What’s in a Name?


By Richard L. Peck, Editor
We here at Medquest Communications had an interesting "cultural moment" a few weeks ago. In compiling a new publication for the hospital design field-a new area for us, and one that we're very excited about contributing to-we had occasion to refer to our DESIGN publication. That is a long-term care design showcase magazine that we have published annually for the past five years. Asked to clarify the difference between DESIGN and the new HealthCare DESIGN publication, yours truly said that the latter was involved with designs for "acute care."

I was admonished by a well-known interior designer who has been long involved with hospital construction and renovation projects. Hospitals, she said, refer to what they do as "healthcare"; they don't trouble to make the distinction between "acute care" and "long-term care." In other words, hospitals are the "main event" in healthcare. Everything else is relegated to niche status.

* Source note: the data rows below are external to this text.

-- ===== src/Refinement/Flow.antt =====
-- Branches, jumps and the stack.
use sys.Base.{
  ℕ, ◌+◌, ◌*◌, ◌/◌, ◌%◌, ◌<◌, ◌≡◌, refl, ap, ◌∙◌, arith, Bool-cases, inl, inr, u8, u16, join,
  bit_and, bit_or,
}
use sys.Base.Bits.{bit_and-0xFF, bit_and-0xFF00, bit_or_bytes, bit_or_comm}
use sys.Cpu.Capture.{capture}
use sys.Cpu.Clock.{settle}
use sys.Cpu.Commit.{commit}
use sys.Cpu.Cycle.{finish, fetch, cycle_of}
use sys.Cpu.Flags.{Flags}
use sys.Cpu.Handler.{Handler}
use sys.Cpu.Jump.{evaluate_branch_condition}
use sys.Cpu.State.{Cpu, CpuStep, go_to, next_pc, low, high}
use sys.Isa.Flow.{holds, exec_branch, exec_control}
use sys.Isa.Instr.{Condition, Control}
use sys.Isa.Machine.{visible, fetch_byte}
use sys.Memory.Interface.{BusAccess}
use sys.Refinement.Finishes.{Finishes, conclude, continue}

abbrev pub condition_opcode : Condition → ℕ
condition_opcode Condition.bpl = 0x10
condition_opcode Condition.bmi = 0x30
condition_opcode Condition.bvc = 0x50
condition_opcode Condition.bvs = 0x70
condition_opcode Condition.bcc = 0x90
condition_opcode Condition.bcs = 0xB0
condition_opcode Condition.bne = 0xD0
condition_opcode Condition.beq = 0xF0

abbrev pub control_opcode : Control → ℕ
control_opcode Control.brk = 0x00
control_opcode Control.jsr = 0x20
control_opcode Control.rts = 0x60
control_opcode Control.rti = 0x40
control_opcode Control.jmp_absolute = 0x4C
control_opcode Control.jmp_indirect = 0x6C
control_opcode Control.pha = 0x48
control_opcode Control.php = 0x08
control_opcode Control.pla = 0x68
control_opcode Control.plp = 0x28

abbrev pub control_handler : Control → Handler
control_handler Control.brk = Handler.brk
control_handler Control.jsr = Handler.jsr
control_handler Control.rts = Handler.rts
control_handler Control.rti = Handler.rti
control_handler Control.jmp_absolute = Handler.jmp_absolute
control_handler Control.jmp_indirect = Handler.jmp_indirect
control_handler Control.pha = Handler.implied_push
control_handler Control.php = Handler.implied_push
control_handler Control.pla = Handler.implied_pull
control_handler Control.plp = Handler.implied_pull

-- The switch on the opcode picks the documented condition.
pub condition_lem :
    (cond : Condition) (opcode : ℕ) (f : Flags)
    → opcode ≡ condition_opcode cond
    → evaluate_branch_condition opcode f.c f.z f.n f.v ≡ holds cond f
unfolding evaluate_branch_condition holds
condition_lem Condition.bpl opcode f e = rw e
condition_lem _ opcode f e = rw e

low_byte : (w : ℕ) → u8 (bit_and w 0xFF) ≡ w % 256
low_byte w = omega (arith, bit_and-0xFF w)

-- The address of a pointer's high byte stays in the pointer's page.
same_page :
    (w : ℕ)
    → w < 65536
    → u16 (bit_or (bit_and w 0xFF00) (bit_and (w + 1) 0x00FF)) ≡ w / 256 * 256 + (w + 1) % 256
same_page w h =
    let page : bit_or (bit_and w 0xFF00) (bit_and (w + 1) 0x00FF)
        ≡ bit_or (w / 256 * 256) ((w + 1) % 256) =
      ap (λ (t : ℕ). bit_or t (bit_and (w + 1) 0x00FF)) (bit_and-0xFF00 w h)
      ∙ ap (bit_or (w / 256 * 256)) (bit_and-0xFF (w + 1)) in
    omega (
      arith,
      page,
      bit_or_comm (w / 256 * 256) ((w + 1) % 256),
      bit_or_bytes ((w + 1) % 256) (w / 256) (omega arith),
    )

same_page-join :
    (lo hi : ℕ)
    → let w = join lo hi in
      u16 (bit_or (bit_and w 0xFF00) (bit_and (w + 1) 0x00FF)) ≡ w / 256 * 256 + (w + 1) % 256
same_page-join lo hi = same_page (join lo hi) (unfold join in omega arith)

module _ {M : Type 0} ⦃access : BusAccess M⦄ (s : Cpu M) where
  finish_brk :
      (access.read s.bus s.pc).0 ≡ control_opcode Control.brk
      → Finishes 6 Handler.brk
          (fetch s)
          (fetch_byte (visible s) (λ _ m. exec_control Control.brk m))
  unfolding finish fetch cycle_of capture commit settle visible exec_control
  finish_brk e = (_, refl, rw low_byte refl)

  finish_jsr :
      (access.read s.bus s.pc).0 ≡ control_opcode Control.jsr
      → Finishes 6 Handler.jsr
          (fetch s)
          (fetch_byte (visible s) (λ _ m. exec_control Control.jsr m))
  unfolding finish fetch cycle_of capture commit settle visible exec_control
  finish_jsr e = (_, refl, rw (low_byte, bit_and-0xFF) refl)

  finish_rts :
      (access.read s.bus s.pc).0 ≡ control_opcode Control.rts
      → Finishes 6 Handler.rts
          (fetch s)
          (fetch_byte (visible s) (λ _ m. exec_control Control.rts m))
  unfolding finish fetch cycle_of capture commit settle visible exec_control
  finish_rts e = (_, refl, rw bit_and-0xFF refl)

  finish_rti :
      (access.read s.bus s.pc).0 ≡ control_opcode Control.rti
      → Finishes 6 Handler.rti
          (fetch s)
          (fetch_byte (visible s) (λ _ m. exec_control Control.rti m))
  unfolding finish fetch cycle_of capture commit settle visible exec_control
  finish_rti e = (_, refl, refl)

  finish_jmp_absolute :
      (access.read s.bus s.pc).0 ≡ control_opcode Control.jmp_absolute
      → Finishes 6 Handler.jmp_absolute
          (fetch s)
          (fetch_byte (visible s) (λ _ m. exec_control Control.jmp_absolute m))
  unfolding finish fetch cycle_of capture commit settle visible exec_control
  finish_jmp_absolute e = (_, refl, refl)

  finish_jmp_indirect :
      (access.read s.bus s.pc).0 ≡ control_opcode Control.jmp_indirect
      → Finishes 6 Handler.jmp_indirect
          (fetch s)
          (fetch_byte (visible s) (λ _ m. exec_control Control.jmp_indirect m))
  unfolding finish fetch cycle_of capture commit settle visible exec_control
  finish_jmp_indirect e = (_, refl, rw same_page-join refl)

  finish_pha :
      (access.read s.bus s.pc).0 ≡ control_opcode Control.pha
      → Finishes 6 Handler.implied_push
          (fetch s)
          (fetch_byte (visible s) (λ _ m. exec_control Control.pha m))
  unfolding finish fetch cycle_of capture commit settle visible exec_control
  finish_pha e = (_, refl, rw e refl)

  finish_php :
      (access.read s.bus s.pc).0 ≡ control_opcode Control.php
      → Finishes 6 Handler.implied_push
          (fetch s)
          (fetch_byte (visible s) (λ _ m. exec_control Control.php m))
  unfolding finish fetch cycle_of capture commit settle visible exec_control
  finish_php e = (_, refl, rw e refl)

  finish_pla :
      (access.read s.bus s.pc).0 ≡ control_opcode Control.pla
      → Finishes 6 Handler.implied_pull
          (fetch s)
          (fetch_byte (visible s) (λ _ m. exec_control Control.pla m))
  unfolding finish fetch cycle_of capture commit settle visible exec_control
  finish_pla e = (_, refl, rw e refl)

  finish_plp :
      (access.read s.bus s.pc).0 ≡ control_opcode Control.plp
      → Finishes 6 Handler.implied_pull
          (fetch s)
          (fetch_byte (visible s) (λ _ m. exec_control Control.plp m))
  unfolding finish fetch cycle_of capture commit settle visible exec_control
  finish_plp e = (_, refl, rw e refl)

  pub control_lem :
      (op : Control)
      → (access.read s.bus s.pc).0 ≡ control_opcode op
      → Finishes 6
          (control_handler op)
          (fetch s)
          (fetch_byte (visible s) (λ _ m. exec_control op m))
  control_lem Control.brk e = finish_brk e
  control_lem Control.jsr e = finish_jsr e
  control_lem Control.rts e = finish_rts e
  control_lem Control.rti e = finish_rti e
  control_lem Control.jmp_absolute e = finish_jmp_absolute e
  control_lem Control.jmp_indirect e = finish_jmp_indirect e
  control_lem Control.pha e = finish_pha e
  control_lem Control.php e = finish_php e
  control_lem Control.pla e = finish_pla e
  control_lem Control.plp e = finish_plp e

  -- A branch not taken ends after its offset; one taken needs a T-state more, and another if the
  -- target lies in another page.
  pub branch_lem :
      (cond : Condition)
      → (access.read s.bus s.pc).0 ≡ condition_opcode cond
      → Finishes 6 Handler.branch (fetch s) (fetch_byte (visible s) (λ _ m. exec_branch cond m))
  unfolding finish fetch cycle_of capture commit settle visible exec_branch
  branch_lem cond e =
      let goal = fetch_byte (visible s) (λ _ m. exec_branch cond m) in
      let picked = condition_lem cond (access.read s.bus s.pc).0 s.p_flags e in
      let h = Handler.branch in
      let t = fetch s in
      let u = next_pc (settle low (capture h (settle high t))) in
      let v = settle low (capture h (settle high (go_to CpuStep.t2 u))) in
      elim (Bool-cases (holds cond s.p_flags)) [
        | inr stays ↦ conclude 5 h t u goal (rw (picked, stays)) (rw stays)
        | inl goes ↦
            continue 5 h t (go_to CpuStep.t2 u) goal (rw (picked, goes)) (λ q. cc)
              (elim (Bool-cases v.page_crossed) [
                | inr near ↦
                    conclude 4 h (go_to CpuStep.t2 u) (record v { pc = v.eff_addr }) goal (rw near)
                      (rw goes)
                | inl far ↦
                    continue 4 h (go_to CpuStep.t2 u) (go_to CpuStep.t3 v) goal (rw far) (λ q. cc)
                      (conclude 3 h (go_to CpuStep.t3 v) (record v { pc = v.eff_addr }) goal refl
                        (rw goes))
              ])
      ]
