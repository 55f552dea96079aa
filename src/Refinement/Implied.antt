-- ===== src/Refinement/Implied.antt =====
-- The two-cycle instructions without an operand.
use sys.Base.{ℕ, ◌+◌, ◌≡◌, arith}
use sys.Base.Bits.{bit_and-0xFF, bit_or-zero_left}
use sys.Cpu.Alu.{execute}
use sys.Cpu.Capture.{capture}
use sys.Cpu.Clock.{settle}
use sys.Cpu.Commit.{commit}
use sys.Cpu.Cycle.{fetch, cycle_of, finish_stops}
use sys.Cpu.Handler.{Handler}
use sys.Cpu.State.{Cpu, CpuStep}
use sys.Isa.Exec.{exec_implied}
use sys.Isa.Instr.{Implied}
use sys.Isa.Machine.{visible, fetch_byte}
use sys.Memory.Interface.{BusAccess}
use sys.Refinement.Finishes.{Finishes}

abbrev pub opcode_of : Implied → ℕ
opcode_of Implied.inx = 0xE8
opcode_of Implied.dex = 0xCA
opcode_of Implied.iny = 0xC8
opcode_of Implied.dey = 0x88
opcode_of Implied.tax = 0xAA
opcode_of Implied.txa = 0x8A
opcode_of Implied.tay = 0xA8
opcode_of Implied.tya = 0x98
opcode_of Implied.tsx = 0xBA
opcode_of Implied.txs = 0x9A
opcode_of Implied.clc = 0x18
opcode_of Implied.sec = 0x38
opcode_of Implied.cli = 0x58
opcode_of Implied.sei = 0x78
opcode_of Implied.clv = 0xB8
opcode_of Implied.cld = 0xD8
opcode_of Implied.sed = 0xF8
opcode_of Implied.nop = 0xEA

abbrev pub implied_handler : Implied → Handler
implied_handler Implied.inx = Handler.implied_inc_dec
implied_handler Implied.dex = Handler.implied_inc_dec
implied_handler Implied.iny = Handler.implied_inc_dec
implied_handler Implied.dey = Handler.implied_inc_dec
implied_handler Implied.tax = Handler.implied_transfer
implied_handler Implied.txa = Handler.implied_transfer
implied_handler Implied.tay = Handler.implied_transfer
implied_handler Implied.tya = Handler.implied_transfer
implied_handler Implied.tsx = Handler.implied_transfer
implied_handler Implied.txs = Handler.implied_transfer
implied_handler Implied.clc = Handler.implied_flag_op
implied_handler Implied.sec = Handler.implied_flag_op
implied_handler Implied.cli = Handler.implied_flag_op
implied_handler Implied.sei = Handler.implied_flag_op
implied_handler Implied.clv = Handler.implied_flag_op
implied_handler Implied.cld = Handler.implied_flag_op
implied_handler Implied.sed = Handler.implied_flag_op
implied_handler Implied.nop = Handler.nop

module _ {M : Type 0} ⦃access : BusAccess M⦄ where
  -- One T-state after the fetch does it.
  implied_cycle :
      (op : Implied) (s : Cpu M)
      → (access.read s.bus s.pc).0 ≡ opcode_of op
      → let t = cycle_of (implied_handler op) (fetch s) in
        (t.cpu_step ≡ CpuStep.t0) × (visible t ≡ fetch_byte (visible s) (λ _ m. exec_implied op m))
  unfolding fetch cycle_of capture commit settle visible execute exec_implied
  implied_cycle Implied.nop s e = ground arith
  implied_cycle Implied.inx s e = ground (arith, bit_and-0xFF (1 + s.x + 0))
  implied_cycle Implied.dex s e = ground (arith, bit_and-0xFF (255 + s.x + 0))
  implied_cycle Implied.iny s e = ground (arith, bit_and-0xFF (1 + s.y + 0))
  implied_cycle Implied.dey s e = ground (arith, bit_and-0xFF (255 + s.y + 0))
  implied_cycle Implied.tsx s e = ground (arith, bit_or-zero_left s.sp)
  implied_cycle Implied.tax s e = ground (arith, bit_or-zero_left s.a)
  implied_cycle Implied.txa s e = ground (arith, bit_or-zero_left s.x)
  implied_cycle Implied.tay s e = ground (arith, bit_or-zero_left s.a)
  implied_cycle Implied.tya s e = ground (arith, bit_or-zero_left s.y)
  implied_cycle Implied.txs s e = ground (arith, bit_or-zero_left s.x)
  implied_cycle _ s e = ground arith

  pub implied_lem :
      (op : Implied) (s : Cpu M)
      → (access.read s.bus s.pc).0 ≡ opcode_of op
      → Finishes 6
          (implied_handler op)
          (fetch s)
          (fetch_byte (visible s) (λ _ m. exec_implied op m))
  implied_lem op s e =
      let (step, same) = implied_cycle op s e in
      (
        cycle_of (implied_handler op) (fetch s),
        finish_stops 5 (implied_handler op) (fetch s) step,
        same,
      )
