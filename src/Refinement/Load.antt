-- ===== src/Refinement/Load.antt =====
-- LDA, LDX and LDY.
use sys.Base.{ℕ, suc, ◌≡◌, refl, ap, ◌∙◌, arith, Bool-cases, inl, inr, u8}
use sys.Base.Bits.{bit_and-0xFF, bit_or-zero_left}
use sys.Cpu.Capture.{capture}
use sys.Cpu.Clock.{settle}
use sys.Cpu.Alu.{execute}
use sys.Cpu.Commit.{commit}
use sys.Cpu.Cycle.{finish, fetch, cycle_of}
use sys.Cpu.Handler.{Handler}
use sys.Cpu.Move.{load_through_alu, commit_load_result}
use sys.Cpu.MoveSwitch.{RegisterCase, load_case}
use sys.Cpu.State.{Cpu, CpuStep, go_to, next_pc, low, high, reading}
use sys.Isa.Exec.{with_address, load_at, put_register}
use sys.Isa.Instr.{Mode, Register}
use sys.Isa.Machine.{Machine, visible, fetch_byte}
use sys.Memory.Interface.{BusAccess}
use sys.Refinement.Finishes.{Finishes, conclude, continue}

abbrev pub case_of : Register → RegisterCase
case_of Register.a = RegisterCase.a
case_of Register.x = RegisterCase.x
case_of Register.y = RegisterCase.y

-- The capture/commit pair of a mode.
abbrev pub load_handler : Mode → Handler
load_handler Mode.immediate = Handler.load_immediate
load_handler Mode.zero_page = Handler.load_zero_page
load_handler Mode.zero_page_x = Handler.load_zero_page_x
load_handler Mode.zero_page_y = Handler.load_zero_page_y
load_handler Mode.absolute = Handler.load_absolute
load_handler Mode.absolute_x = Handler.load_absolute_x
load_handler Mode.absolute_y = Handler.load_absolute_y
load_handler Mode.indirect_x = Handler.load_indirect_x
load_handler Mode.indirect_y = Handler.load_indirect_y

module _ {M : Type 0} where
  -- Committing a load is the documented one, for whatever byte the ALU has let through.
  load_commits :
      (reg : Register) (v : ℕ) (u : Cpu M)
      → load_case u.ir ≡ case_of reg
      → u.alu_output.value ≡ u8 v
      → visible (commit_load_result u) ≡ put_register reg (u8 v) (visible u)
  unfolding commit_load_result put_register visible
  load_commits Register.a v u e q = ground arith
  load_commits _ v u e q = ground arith

module _ {M : Type 0} ⦃access : BusAccess M⦄ where
  -- The T-state that reads the operand ends the instruction.
  operand_load :
      (n : ℕ) (h : Handler) (reg : Register) (addr : ℕ) (t : Cpu M)
      → load_case t.ir ≡ case_of reg
      → capture h (settle high t) ≡ reading addr (settle high t) load_through_alu
      → ((u : Cpu M)
          → u.cpu_step ≡ t.cpu_step
          → u.page_crossed ≡ t.page_crossed
          → commit h u ≡ go_to CpuStep.t0 (commit_load_result u))
      → Finishes (suc n) h t (load_at reg addr (visible t))
  unfolding cycle_of settle visible load_at load_through_alu execute
  operand_load n h reg addr t e captures commits =
      let v = (access.read t.bus addr).0 in
      let r = record (settle high t) { bus = (access.read t.bus addr).1 } in
      let u = settle low (load_through_alu v r) in
      conclude n h t (commit_load_result u) (load_at reg addr (visible t))
        (ap (λ (w : Cpu M). commit h (settle low w)) captures ∙ commits u refl refl)
        (load_commits reg v u e (ap u8 (bit_or-zero_left v)))

module _ {M : Type 0} ⦃access : BusAccess M⦄ (reg : Register) (s : Cpu M)
    (loads : load_case (access.read s.bus s.pc).0 ≡ case_of reg) where
  abbrev pub documented : Mode → Machine M
  documented mode = fetch_byte (visible s) (λ _ m. with_address mode m (load_at reg))

  load_immediate : Finishes 6 Handler.load_immediate (fetch s) (documented Mode.immediate)
  unfolding finish fetch cycle_of capture commit settle visible with_address load_at execute
  load_immediate =
      let h = Handler.load_immediate in
      let t = fetch s in
      let v = (access.read t.bus t.pc).0 in
      let u = next_pc (settle low (capture h (settle high t))) in
      conclude 5 h t (commit_load_result u) (documented Mode.immediate) refl
        (load_commits reg v u loads (ap u8 (bit_or-zero_left v)))

  load_zero_page : Finishes 6 Handler.load_zero_page (fetch s) (documented Mode.zero_page)
  unfolding finish fetch cycle_of capture commit settle visible with_address
  load_zero_page =
      let h = Handler.load_zero_page in
      let t = cycle_of h (fetch s) in operand_load 4 h reg t.addr_latch t loads refl (λ u e p. rw e)

  load_zero_page_x : Finishes 6 Handler.load_zero_page_x (fetch s) (documented Mode.zero_page_x)
  unfolding finish fetch cycle_of capture commit settle visible with_address
  load_zero_page_x =
      let h = Handler.load_zero_page_x in
      let t = cycle_of h (cycle_of h (fetch s)) in
      simp (← bit_and-0xFF) (operand_load 3 h reg t.addr_latch t loads refl (λ u e p. rw e))

  load_zero_page_y : Finishes 6 Handler.load_zero_page_y (fetch s) (documented Mode.zero_page_y)
  unfolding finish fetch cycle_of capture commit settle visible with_address
  load_zero_page_y =
      let h = Handler.load_zero_page_y in
      let t = cycle_of h (cycle_of h (fetch s)) in
      simp (← bit_and-0xFF) (operand_load 3 h reg t.addr_latch t loads refl (λ u e p. rw e))

  load_absolute : Finishes 6 Handler.load_absolute (fetch s) (documented Mode.absolute)
  unfolding finish fetch cycle_of capture commit settle visible with_address
  load_absolute =
      let h = Handler.load_absolute in
      let t = cycle_of h (cycle_of h (fetch s)) in
      operand_load 3 h reg t.addr_latch t loads refl (λ u e p. rw e)

  load_absolute_x : Finishes 6 Handler.load_absolute_x (fetch s) (documented Mode.absolute_x)
  unfolding finish fetch cycle_of capture commit settle visible with_address
  load_absolute_x =
      let h = Handler.load_absolute_x in
      let t = cycle_of h (cycle_of h (fetch s)) in
      let late = go_to CpuStep.t4 (settle low t) in
      elim (Bool-cases t.page_crossed) [
        | inl crossed ↦
            continue 3 h t late (documented Mode.absolute_x) (rw crossed) (λ q. cc)
              (operand_load 2 h reg t.eff_addr late loads refl (λ u e p. rw e))
        | inr same ↦ operand_load 3 h reg t.eff_addr t loads (rw same) (λ u e p. rw (e, p, same))
      ]

  load_absolute_y : Finishes 6 Handler.load_absolute_y (fetch s) (documented Mode.absolute_y)
  unfolding finish fetch cycle_of capture commit settle visible with_address
  load_absolute_y =
      let h = Handler.load_absolute_y in
      let t = cycle_of h (cycle_of h (fetch s)) in
      let late = go_to CpuStep.t4 (settle low t) in
      elim (Bool-cases t.page_crossed) [
        | inl crossed ↦
            continue 3 h t late (documented Mode.absolute_y) (rw crossed) (λ q. cc)
              (operand_load 2 h reg t.eff_addr late loads refl (λ u e p. rw e))
        | inr same ↦ operand_load 3 h reg t.eff_addr t loads (rw same) (λ u e p. rw (e, p, same))
      ]

  load_indirect_x : Finishes 6 Handler.load_indirect_x (fetch s) (documented Mode.indirect_x)
  unfolding finish fetch cycle_of capture commit settle visible with_address
  load_indirect_x =
      let h = Handler.load_indirect_x in
      let t = cycle_of h (cycle_of h (cycle_of h (cycle_of h (fetch s)))) in
      simp (← bit_and-0xFF) (operand_load 1 h reg t.eff_addr t loads refl (λ u e p. rw e))

  load_indirect_y : Finishes 6 Handler.load_indirect_y (fetch s) (documented Mode.indirect_y)
  unfolding finish fetch cycle_of capture commit settle visible with_address
  load_indirect_y =
      let h = Handler.load_indirect_y in
      let t = cycle_of h (cycle_of h (cycle_of h (fetch s))) in
      let late = go_to CpuStep.t5 (settle low t) in
      elim (Bool-cases t.page_crossed) [
        | inl crossed ↦
            continue 2 h t late (documented Mode.indirect_y) (rw crossed) (λ q. cc)
              (simp (← bit_and-0xFF)
                (operand_load 1 h reg t.eff_addr late loads refl (λ u e p. rw e)))
        | inr same ↦
            simp (← bit_and-0xFF)
              (operand_load 2 h reg t.eff_addr t loads (rw same) (λ u e p. rw (e, p, same)))
      ]

  pub load_lem : (mode : Mode) → Finishes 6 (load_handler mode) (fetch s) (documented mode)
  load_lem Mode.immediate = load_immediate
  load_lem Mode.zero_page = load_zero_page
  load_lem Mode.zero_page_x = load_zero_page_x
  load_lem Mode.zero_page_y = load_zero_page_y
  load_lem Mode.absolute = load_absolute
  load_lem Mode.absolute_x = load_absolute_x
  load_lem Mode.absolute_y = load_absolute_y
  load_lem Mode.indirect_x = load_indirect_x
  load_lem Mode.indirect_y = load_indirect_y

Hearing this led me to understand more fully why long-term care has such a difficult time getting across its case to the powers that be, particularly in Washington. Too many legislators just don't perceive it as being worth troubling much about. Any doubts I had on that score were laid to rest when Larry Minnix, president and CEO of the American Association of Homes and Services for the Aging (AAHSA), told a press conference about a recent Capitol Hill encounter he had. Noting the absence of any reference to long-term care in a piece of healthcare staffing legislation, Minnix suggested to a sponsoring congressperson that long-term care has its own problems, deserving specific attention, and spelled out what those were. The congressperson confessed to "never having heard it explained that way before," and made sure that special reference to long-term care was inserted into the bill.

Long-term care is, of course, a crucial part of the "healthcare" continuum, and growing more central to it every day. It's just that not everyone believes that. Until they do, the world will go blithely on its way: underpaying, over-regulating, punishing providers with gusto-and eventually wondering why the system just doesn't measure up to their needs.